Peralatan yang digunakan pada penelitian yaitu alat bedah, cawan petri, incubator, jarum ose, tabung reaksi, vortex, mikropipet, drigalski glass, kertas cakram, erlenmeyer, kertas saring, round bottom flask, rotary evaporator, vial, spatula, pipet tetes, separatory funnel, GC-MS. Sedangkan bahan yang digunakan yaitu sampel api- api abang, NA (Nutrien Agar), MEA (Malt Extract Agar), MEB (Malt Extract Broth), Bakteri MRSA (Methicillin Resistant Staphylococcus aureus), Escherichia coli MDR, alkohol 70%, kloramfenikol, aquades steril, MeOH (CH3OH), dan EtOAc.

Metode Penelitian

Pendekatan riset empirik dengan metode eksploratif yang digunakan pada saat skrining bertujuan untuk menggali hal yang mempengaruhi terjadinya sesuatu. Metode isolasi, purifikasi, dan bioassay secara in-vitro menggunakan metode eksperimental laboratoris sedangkan metode in-silico digunakan untuk menyelidiki kemungkinan sebab akibat pada perlakuan secara komputasi.

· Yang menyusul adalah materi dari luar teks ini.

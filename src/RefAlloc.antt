-- ===== src/RefAlloc.antt =====
-- crates/core/src/ref_alloc.rs with ref_alloc_config.rs, ref_alloc_options.rs, ref_alloc_source.rs
-- and ref_alloc_scope.rs: which nodes get a ref, and the walk that gives them out.
pub mod Anchors
pub mod Collapsible
pub mod Steps
pub mod Own
pub mod Order
pub mod Transform
use agent_desktop.Prelude.{
  Bool, List, Option, Result, [], any, false, if◌then◌else◌, is_empty, is_none, is_none_or, is_some,
  is_some_and, keep_if, none, not, ok, some, ℕ, ◌&&◌, ◌>>=◌, ◌||◌, ◌∷◌, true, ◌++◌, ◌+◌, ◌==◌,
}
use agent_desktop.Text.{Text, codes, is_blank, text_eq, text_in}
use agent_desktop.Error.{AppError}
use agent_desktop.Role.{from_token, is_canonical, is_transparent_wrapper}
use agent_desktop.Roles.{interactive_roles}
use agent_desktop.RefEntry.{RefEntry, SnapshotSurface, is_known_kind}
use agent_desktop.RefMap.{
  RefMap, allocated, skipped_invalid_entry, skipped_invalid_role, try_allocate_observed,
}
use agent_desktop.Tree.{
  AccessibilityNode, NodeData, Nodes, children, cons, is_singleton, nil, no_nodes, node,
  promote_first, node_data,
}
use agent_desktop.Geometry.{Rect, is_valid_rect, bounds_hash}

pub record RefAllocOptions : Type 0 where
  pub include_bounds : Bool
  pub interactive_only : Bool
  pub compact : Bool

pub record RefAllocSource : Type 0 where
  pub pid : ℕ
  pub app : Option Text
  pub process_instance : Option Text
  pub window_id : Option Text
  pub window_title : Option Text
  pub window_bounds_hash : Option ℕ
  pub surface : SnapshotSurface

pub record RefAllocScope : Type 0 where
  pub root_ref_id : Option Text
  pub path_prefix : List ℕ

pub record RefAllocConfig : Type 0 where
  pub options : RefAllocOptions
  pub source : RefAllocSource
  pub scope : RefAllocScope

abbrev pub ubiquitous_affordances : List Text
ubiquitous_affordances = codes "SetFocus" ∷ codes "RightClick" ∷ codes "ScrollTo" ∷ []

unfoldable pub advertises_primary_action : List Text → Bool
advertises_primary_action available_actions =
    any (λ action. not (text_in ubiquitous_affordances action)) available_actions

unfoldable pub is_ref_able_role_actions : Text → List Text → Bool
is_ref_able_role_actions role available_actions =
    text_in interactive_roles role || advertises_primary_action available_actions

unfoldable pub is_ref_able : NodeData → Bool
unfolding is_ref_able_role_actions
is_ref_able d = is_ref_able_role_actions d.role d.presentation.available_actions

-- `as_deref().is_none_or(|value| value.trim().is_empty())`.
abbrev pub is_blank_option : Option Text → Bool
is_blank_option o = is_none_or o is_blank

unfoldable pub is_collapsible : AccessibilityNode → Bool
is_collapsible (node d cs) =
    is_transparent_wrapper (from_token d.role)
    && (is_none d.ref_id
        && (is_blank_option d.identity.name
            && (is_blank_option d.identity.value
                && (is_blank_option d.identity.description
                    && (is_none d.identity.native_id
                        && (is_blank_option d.presentation.hint
                            && (is_empty d.presentation.states
                                && (is_empty d.presentation.available_actions
                                    && (is_none d.presentation.bounds
                                        && (is_none d.children_count && is_singleton cs))))))))))

unfoldable pub can_receive_observed_ref : NodeData → Bool
can_receive_observed_ref d = is_canonical d.role && not (text_eq d.role (codes "unknown"))

unfoldable pub has_meaningful_text : Option Text → Bool
has_meaningful_text value = is_some_and value (λ text. not (is_blank text))

abbrev pub strip_bounds : Bool → NodeData → NodeData
strip_bounds include_bounds d =
    if include_bounds
    then d
    else record d { presentation = record d.presentation { bounds = none } }

-- A leaf that carries neither a ref nor a marker of cut descendants is pruned.
abbrev pub is_bare_leaf : AccessibilityNode → Bool
is_bare_leaf (node d cs) = not (is_ref_able d) && (no_nodes cs && is_none d.children_count)

-- `transform_tree`: the same shape of tree, without refs.
unfoldable mutual
  pub transform_tree : RefAllocOptions → AccessibilityNode → AccessibilityNode
  transform_tree o (node d cs) = node (strip_bounds o.include_bounds d) (transform_children o cs)

  pub transform_children : RefAllocOptions → Nodes → Nodes
  transform_children o nil = nil
  transform_children o (cons child rest) =
      let child' = transform_tree o child in
      let rest' = transform_children o rest in
      if o.compact && is_collapsible child
      then promote_first (children child') rest'
      else if o.interactive_only && is_bare_leaf child'
      then rest'
      else cons child' rest'

-- `skeleton_anchors.contains(path)`.
unfoldable pub path_eq : List ℕ → List ℕ → Bool
path_eq [] [] = true
path_eq (i ∷ p) (j ∷ q) = i == j && path_eq p q
path_eq _ _ = false

unfoldable pub path_in : List (List ℕ) → List ℕ → Bool
path_in paths path = any (λ p. path_eq p path) paths

abbrev pub meaningful_string : Option Text → Option Text
meaningful_string value = keep_if (λ text. not (is_empty text)) value

module _ (hash : Rect → ℕ) where
  unfoldable pub ref_entry_from_node : NodeData → RefAllocSource → Option Text → List ℕ → RefEntry
  ref_entry_from_node d source root_ref path =
      let bounds = keep_if is_valid_rect d.presentation.bounds in
      record {
        process = record { pid = source.pid; process_instance = source.process_instance };
        identity = record {
          retained_object = d.identity.retained_object;
          role = d.role;
          name = meaningful_string d.identity.name;
          value = meaningful_string d.identity.value;
          description = meaningful_string d.identity.description;
          native_id = keep_if (λ id. not (is_blank id.value)) d.identity.native_id;
        };
        geometry = record {
          bounds = bounds;
          bounds_hash = elim bounds [ none ↦ none | some b ↦ bounds_hash hash b ];
        };
        capabilities = record {
          states = d.presentation.states;
          available_actions = d.presentation.available_actions;
        };
        source = record {
          source_app = source.app;
          source_window_id = source.window_id;
          source_window_title = source.window_title;
          source_window_bounds_hash = source.window_bounds_hash;
          source_surface = source.surface;
        };
        scope = record { root_ref = root_ref; path_is_absolute = false; path = path };
      }

  unfoldable pub is_resolvable_skeleton_anchor : NodeData → Bool
  is_resolvable_skeleton_anchor d =
      can_receive_observed_ref d
      && (has_meaningful_text d.identity.name
          || has_meaningful_text d.identity.description
          || is_some_and d.identity.native_id (λ i. is_known_kind i.kind && not (is_blank i.value))
          || is_some_and d.presentation.bounds (λ b. is_some (bounds_hash hash b)))

  unfoldable pub allocate_observed_ref : RefMap → RefEntry → Result AppError (Option Text × RefMap)
  allocate_observed_ref m entry = try_allocate_observed hash m entry >>= λ (allocation, m').
      elim allocation [
        | allocated ref_id ↦ ok (some ref_id, m')
        | skipped_invalid_role ↦ ok (none, m')
        | skipped_invalid_entry ↦ ok (none, m')
      ]

  -- What `plan_skeleton_anchors` does with a node once its children are planned.
  unfoldable pub settle : NodeData → List ℕ → Bool × List (List ℕ) → Bool × List (List ℕ)
  settle d path (uncovered, anchors) =
      if not uncovered
      then (false, anchors)
      else if can_receive_observed_ref d && is_ref_able d
      then (false, anchors)
      else if not (is_empty path) && is_resolvable_skeleton_anchor d
      then (false, path ∷ anchors)
      else (true, anchors)

  -- `plan_skeleton_anchors`: whether a boundary below is still uncovered, and the anchors so far.
  unfoldable mutual
    pub plan_skeleton_anchors : AccessibilityNode → List ℕ → List (List ℕ) → Bool × List (List ℕ)
    plan_skeleton_anchors (node d cs) path anchors =
        settle d path (plan_children cs path 0 (is_some d.children_count) anchors)

    pub plan_children : Nodes → List ℕ → ℕ → Bool → List (List ℕ) → Bool × List (List ℕ)
    plan_children nil path index uncovered anchors = (uncovered, anchors)
    plan_children (cons child rest) path index uncovered anchors =
        let planned = plan_skeleton_anchors child (path ++ (index ∷ [])) anchors in
        plan_children rest path (index + 1) (uncovered || planned.0) planned.1

  abbrev pub drop_bounds : Bool → RefEntry → RefEntry
  drop_bounds include_bounds e =
      if include_bounds then e else record e { geometry = record e.geometry { bounds = none } }

  -- The entry of a ref-able node.
  unfoldable pub primary_entry : RefAllocConfig → NodeData → List ℕ → RefEntry
  primary_entry config d path =
      let entry = ref_entry_from_node d config.source config.scope.root_ref_id path in
      drop_bounds config.options.include_bounds (record entry {
        scope = record entry.scope { path_is_absolute = is_some config.scope.root_ref_id };
      })

  -- The entry of a skeleton anchor.
  unfoldable pub anchor_entry : RefAllocConfig → NodeData → List ℕ → RefEntry
  anchor_entry config d path =
      let entry = ref_entry_from_node d config.source none path in
      drop_bounds config.options.include_bounds
        (record entry { capabilities = record entry.capabilities { available_actions = [] } })

  unfoldable pub allocate_with : NodeData → RefEntry → RefMap → Result AppError (NodeData × RefMap)
  allocate_with d entry m =
      allocate_observed_ref m entry >>= λ (ref_id, m'). ok (record d { ref_id = ref_id }, m')

  -- `allocate_refs_at_path` up to the children: the ref of the node itself, and its bounds.
  unfoldable pub allocate_own :
      RefAllocConfig
      → List (List ℕ)
      → NodeData
      → RefMap
      → List ℕ
      → Result AppError (NodeData × RefMap)
  allocate_own config anchors d m path =
      (if is_ref_able d
        then allocate_with d (primary_entry config d path) m
        else if path_in anchors path
        then allocate_with d (anchor_entry config d path) m
        else ok (d, m))
      >>= λ (d', m'). ok (strip_bounds config.options.include_bounds d', m')

  -- What the loop over the children does with a child that has its refs.
  unfoldable pub keep_child :
      RefAllocOptions → AccessibilityNode → AccessibilityNode → Nodes → Nodes
  keep_child o child child' rest =
      if o.compact && is_collapsible child
      then promote_first (children child') rest
      else if o.interactive_only && (is_none (node_data child').ref_id && is_bare_leaf child')
      then rest
      else cons child' rest

  unfoldable mutual
    pub allocate_refs_at_path :
        RefAllocConfig
        → List (List ℕ)
        → AccessibilityNode
        → RefMap
        → List ℕ
        → Result AppError (AccessibilityNode × RefMap)
    allocate_refs_at_path config anchors (node d cs) m path =
        allocate_own config anchors d m path >>= λ (d', m₁).
        allocate_children config anchors cs m₁ path 0 >>= λ (cs', m₂). ok (node d' cs', m₂)

    pub allocate_children :
        RefAllocConfig
        → List (List ℕ)
        → Nodes
        → RefMap
        → List ℕ
        → ℕ
        → Result AppError (Nodes × RefMap)
    allocate_children config anchors nil m path index = ok (nil, m)
    allocate_children config anchors (cons child rest) m path index =
        allocate_refs_at_path config anchors child m (path ++ (index ∷ [])) >>= λ (child', m₁).
        allocate_children config anchors rest m₁ path (index + 1) >>= λ (rest', m₂).
        ok (keep_child config.options child child' rest', m₂)

  -- `allocate_refs`. On an error the callers drop the map.
  unfoldable pub allocate_refs :
      RefAllocConfig → AccessibilityNode → RefMap → Result AppError (AccessibilityNode × RefMap)
  allocate_refs config tree m =
      let anchors =
        if is_none config.scope.root_ref_id then (plan_skeleton_anchors tree [] []).1 else [] in
      allocate_refs_at_path config anchors tree m config.scope.path_prefix
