-- ===== src/RefAlloc/Steps.antt =====
-- One node of the walk: what its allocation does to the map and to its ref.

use mathlib.Core.List.{map-append}
use mathlib.Core.Path.{ap₂}
use agent_desktop.Error.{AppError}
use agent_desktop.Role.{is_canonical}
use agent_desktop.Text.Laws.{text_eq_refl, text_eq→eq}
use agent_desktop.Text.Decimal.{u32_max}
use agent_desktop.Prelude.{
  All, List, [], ap, arith, map, ok, ok-injective, refl, some, subst, suc, sym, zero, ℕ, ◌++◌, ◌+◌,
  ◌<◌, ◌∙◌, ◌∷◌, ◌≡◌, >>=-eq-ok, Bool-cases, guard, guard-eq-ok, inl, inr, ltb, ltb→lt, none,
  Option, Result, err, is_ok, not, true, ◌||◌, ◌⊎◌, Bool, false, ◌>>=◌,
}
use agent_desktop.Text.{Text, text_eq, codes}
use agent_desktop.RefEntry.{RefEntry, validate_ref_entry}
use agent_desktop.RefMap.{
  RefMap, allocate_validated, get, ref_key, exhausted, try_allocate_observed, RefAllocation,
  allocated, skipped_invalid_entry, skipped_invalid_role,
}
use agent_desktop.RefMap.Allocation.{AllEntries, Allocates, allocate_validated_lem}
use agent_desktop.Tree.{NodeData, own_ref}
use agent_desktop.RefAlloc.{
  meaningful_string, allocate_observed_ref, RefAllocConfig, allocate_with, anchor_entry,
  primary_entry, ref_entry_from_node, strip_bounds,
}
use agent_desktop.Geometry.{Rect}

-- The keys of the `count` numbers that follow `start`.
abbrev pub key_range : ℕ → ℕ → List Text
key_range start zero = []
key_range start (suc count) = ref_key (start + 1) ∷ key_range (start + 1) count

key_range-append :
    (start a b : ℕ) → key_range start a ++ key_range (start + a) b ≡ key_range start (a + b)
key_range-append start zero b =
    let here : start + 0 ≡ start = omega arith in
    let none_more : b ≡ 0 + b = omega arith in
    ap (λ (s : ℕ). key_range s b) here ∙ ap (key_range start) none_more
key_range-append start (suc a) b =
    let next : start + suc a ≡ start + 1 + a = omega arith in
    let total : suc (a + b) ≡ suc a + b = omega arith in
    ap (λ (s : ℕ). key_range start (suc a) ++ key_range s b) next
    ∙ ap (λ t. ref_key (start + 1) ∷ t) (key_range-append (start + 1) a b)
    ∙ ap (key_range start) total

-- The map knows the ref, and its entry is that of the node.
abbrev pub Describes : RefMap → Text × NodeData → Type 0
Describes m (ref_id, d) =
    (e : RefEntry) × (get m ref_id ≡ some e)
    × (e.identity.role ≡ d.role)
    × (e.identity.name ≡ meaningful_string d.identity.name)
    × (e.capabilities.states ≡ d.presentation.states)

abbrev pub Keeps : RefMap → RefMap → Type 0
Keeps m m' = (k : Text) (e : RefEntry) → get m k ≡ some e → get m' k ≡ some e

Keeps-Describes :
    (m m' : RefMap) (tagged : List (Text × NodeData))
    → Keeps m m'
    → All (Describes m) tagged
    → All (Describes m') tagged
Keeps-Describes m m' [] k h = tt
Keeps-Describes m m' (p ∷ tagged) k (h, hs) =
    ((h.0, k p.0 h.0 h.1, h.2, h.3, h.4), Keeps-Describes m m' tagged k hs)

All-append :
    (P : Text × NodeData → Type 0) (xs ys : List (Text × NodeData))
    → All P xs
    → All P ys
    → All P (xs ++ ys)
All-append P [] ys h k = k
All-append P (x ∷ xs) ys h k = (h.0, All-append P xs ys h.1 k)

module _ (hash : Rect → ℕ) where
  -- A part of the walk leads from one map to another and gives refs to these nodes.
  pub record Walked (m m' : RefMap) (tagged : List (Text × NodeData)) : Type 0 where
    pub count : ℕ
    pub counter : m'.counter ≡ m.counter + count
    pub consecutive : map (λ p. p.0) tagged ≡ key_range m.counter count
    pub entries : AllEntries hash m'.counter m'.inner
    pub kept : Keeps m m'
    pub described : All (Describes m') tagged

  pub stays : (m : RefMap) → AllEntries hash m.counter m.inner → Walked m m []
  stays m es = record {
    count = 0;
    counter = omega arith;
    consecutive = refl;
    entries = es;
    kept = λ k e h. h;
    described = tt;
  }

  pub follows :
      (m m₁ m₂ : RefMap) (xs ys : List (Text × NodeData))
      → Walked m m₁ xs
      → Walked m₁ m₂ ys
      → Walked m m₂ (xs ++ ys)
  follows m m₁ m₂ xs ys a b = record {
    count = a.count + b.count;
    counter = omega (arith, a.counter, b.counter);
    consecutive =
        map-append (λ p. p.0) xs ys
        ∙ ap₂ (λ s t. s ++ t) a.consecutive
            (b.consecutive ∙ ap (λ (c : ℕ). key_range c b.count) a.counter)
        ∙ key_range-append m.counter a.count b.count;
    entries = b.entries;
    kept = λ k e h. b.kept k e (a.kept k e h);
    described =
        All-append (Describes m₂) xs ys (Keeps-Describes m₁ m₂ xs b.kept a.described) b.described;
  }

  had_room :
      (m : RefMap) (entry : RefEntry) (r : Text × RefMap)
      → allocate_validated m entry ≡ ok r
      → m.counter < u32_max
  unfolding allocate_validated
  had_room m entry r e =
      let (u, g, f) = >>=-eq-ok (guard (ltb m.counter u32_max) exhausted) _ e in
      ltb→lt _ _ (guard-eq-ok _ _ g)

  allocate_validated_inv :
      (m : RefMap) (entry : RefEntry) (r : Text × RefMap)
      → AllEntries hash m.counter m.inner
      → validate_ref_entry hash entry ≡ ok tt
      → allocate_validated m entry ≡ ok r
      → Allocates hash m entry r.0 r.1
  allocate_validated_inv m entry r es good e =
      let (r', e', a) = allocate_validated_lem hash m entry es (had_room m entry r e) good in
      subst (λ x. Allocates hash m entry x.0 x.1) (ok-injective (sym e' ∙ e)) a

  -- A node that gets the ref of an allocation for its own entry.
  allocated_step :
      (m m' : RefMap) (entry : RefEntry) (ref_id : Text) (d : NodeData)
      → Allocates hash m entry ref_id m'
      → entry.identity.role ≡ d.role
      → entry.identity.name ≡ meaningful_string d.identity.name
      → entry.capabilities.states ≡ d.presentation.states
      → Walked m m' ((ref_id, d) ∷ [])
  allocated_step m m' entry ref_id d a r n s = record {
    count = 1;
    counter = a.counted;
    consecutive = ap (λ t. t ∷ []) a.named;
    entries = a.entries;
    kept = λ k e h. elim (Bool-cases (text_eq k ref_id)) [
      | inl same ↦
          let missing : get m k ≡ none =
            subst (λ t. get m t ≡ none) (sym (text_eq→eq k ref_id same)) a.unused in
          ground arith
      | inr other ↦
          a.others k (λ q. cc (other, text_eq_refl ref_id, ap (λ t. text_eq t ref_id) q)) ∙ h
    ];
    described = ((entry, a.stored, r, n, s), tt);
  }

  -- The outcome of an observed allocation: nothing happens, or the entry is allocated.
  abbrev Observed : RefMap → RefEntry → Option Text × RefMap → Type 0
  Observed m entry (o, m') =
      ((o ≡ none) × (m' ≡ m))
      ⊎ ((ref_id : Text) × (o ≡ some ref_id) × Allocates hash m entry ref_id m')

  is_ok_valid :
      (entry : RefEntry)
      → is_ok (validate_ref_entry hash entry) ≡ true
      → validate_ref_entry hash entry ≡ ok tt
  is_ok_valid entry h = go (validate_ref_entry hash entry) h
    where
      go : (v : Result AppError (Unit {0})) → is_ok v ≡ true → v ≡ ok tt
      go (ok tt) h = refl
      go (err e) h = cc

  abbrev with_ref : Result AppError (Text × RefMap) → Result AppError (RefAllocation × RefMap)
  with_ref r = r >>= λ (ref_id, m'). ok (allocated ref_id, m')

  -- The three ways of an observed allocation.
  Observed-cases :
      (m : RefMap) (entry : RefEntry)
      → (try_allocate_observed hash m entry ≡ ok (skipped_invalid_role, m))
        ⊎ ((try_allocate_observed hash m entry ≡ ok (skipped_invalid_entry, m))
            ⊎ ((validate_ref_entry hash entry ≡ ok tt)
                × (try_allocate_observed hash m entry ≡ with_ref (allocate_validated m entry))))
  unfolding try_allocate_observed
  Observed-cases m entry =
      elim (Bool-cases
        (not (is_canonical entry.identity.role) || text_eq entry.identity.role (codes "unknown"))) [
          | inl bad_role ↦ inl (rw bad_role refl)
          | inr good_role ↦ elim (Bool-cases (is_ok (validate_ref_entry hash entry))) [
            | inl valid ↦ inr (inr (is_ok_valid entry valid, rw (good_role, valid) refl))
            | inr invalid ↦ inr (inl (rw (good_role, invalid) refl))
          ]
        ]

  Observed-allocate :
      (m : RefMap) (entry : RefEntry) (r : Option Text × RefMap)
      → AllEntries hash m.counter m.inner
      → allocate_observed_ref hash m entry ≡ ok r
      → Observed m entry r
  unfolding allocate_observed_ref
  Observed-allocate m entry r es e = elim (Observed-cases m entry) [
    | inl c ↦ skipped (ok-injective (rw c at e))
    | inr (inl c) ↦ skipped (ok-injective (rw c at e))
    | inr (inr (valid, c)) ↦
        let (p, done, f) =
          >>=-eq-ok (allocate_validated m entry) _
            (regroup (allocate_validated m entry) (rw c at e)) in
        subst (Observed m entry) (ok-injective f)
          (inr (p.0, refl, allocate_validated_inv m entry p es valid done))
  ]
    where
      skipped : ◌≡◌ {A = Option Text × RefMap} (none, m) r → Observed m entry r
      skipped q = subst (Observed m entry) q (inl (refl, refl))

      regroup :
          (a : Result AppError (Text × RefMap))
          → (with_ref a >>= λ (allocation, m'). elim allocation [
            | allocated ref_id ↦ ok (some ref_id, m')
            | skipped_invalid_role ↦ ok (none, m')
            | skipped_invalid_entry ↦ ok (none, m')
          ])
            ≡ ok r
          → (a >>= λ (ref_id, m'). ok (some ref_id, m')) ≡ ok r
      regroup (ok (t, m')) h = h
      regroup (err x) h = h

  -- An entry that was made from a node.
  abbrev pub MadeFrom : RefEntry → NodeData → Type 0
  MadeFrom e d =
      (e.identity.role ≡ d.role)
      × (e.identity.name ≡ meaningful_string d.identity.name)
      × (e.capabilities.states ≡ d.presentation.states)

  abbrev pub own_tag : Bool → NodeData → List (Text × NodeData)
  own_tag b d = own_ref (strip_bounds b d).ref_id (strip_bounds b d)

  pub allocate_with-Walked :
      (b : Bool) (d : NodeData) (entry : RefEntry) (m : RefMap) (r : NodeData × RefMap)
      → AllEntries hash m.counter m.inner
      → MadeFrom entry d
      → allocate_with hash d entry m ≡ ok r
      → Walked m r.1 (own_tag b r.0)
  unfolding allocate_with
  allocate_with-Walked b d entry m r es made e =
      let (p, done, f) = >>=-eq-ok (allocate_observed_ref hash m entry) _ e in
      subst (λ x. Walked m x.1 (own_tag b x.0)) (ok-injective f)
        (tagged b p (Observed-allocate m entry p es done))
    where
      tagged :
          (b : Bool) (p : Option Text × RefMap)
          → Observed m entry p
          → Walked m p.1 (own_tag b (record d { ref_id = p.0 }))
      tagged true (o, m') (inl (n, same)) = rw (n, same) (stays m es)
      tagged false (o, m') (inl (n, same)) = rw (n, same) (stays m es)
      tagged true (o, m') (inr (ref_id, q, a)) =
          rw q (allocated_step m m' entry ref_id _ a made.0 made.1 made.2)
      tagged false (o, m') (inr (ref_id, q, a)) =
          rw q (allocated_step m m' entry ref_id _ a made.0 made.1 made.2)

  pub primary_made :
      (config : RefAllocConfig) (d : NodeData) (path : List ℕ)
      → MadeFrom (primary_entry hash config d path) d
  unfolding primary_entry ref_entry_from_node
  primary_made config d path = elim (Bool-cases config.options.include_bounds) [
    | inl y ↦ rw y (refl, refl, refl)
    | inr n ↦ rw n (refl, refl, refl)
  ]

  pub anchor_made :
      (config : RefAllocConfig) (d : NodeData) (path : List ℕ)
      → MadeFrom (anchor_entry hash config d path) d
  unfolding anchor_entry ref_entry_from_node
  anchor_made config d path = elim (Bool-cases config.options.include_bounds) [
    | inl y ↦ rw y (refl, refl, refl)
    | inr n ↦ rw n (refl, refl, refl)
  ]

Sedangkan data penelitian didapat dengan pengamatan sistematis dari objek yang diteliti dan data dianalisis secara deskriptif.

Prosedur Penelitian

Prosedur penelitian seperti yang telah dilakukan pada Maisaroh (2014), dengan modifikasi. Setiap proses penelitian menerapkan protokol kesehatan.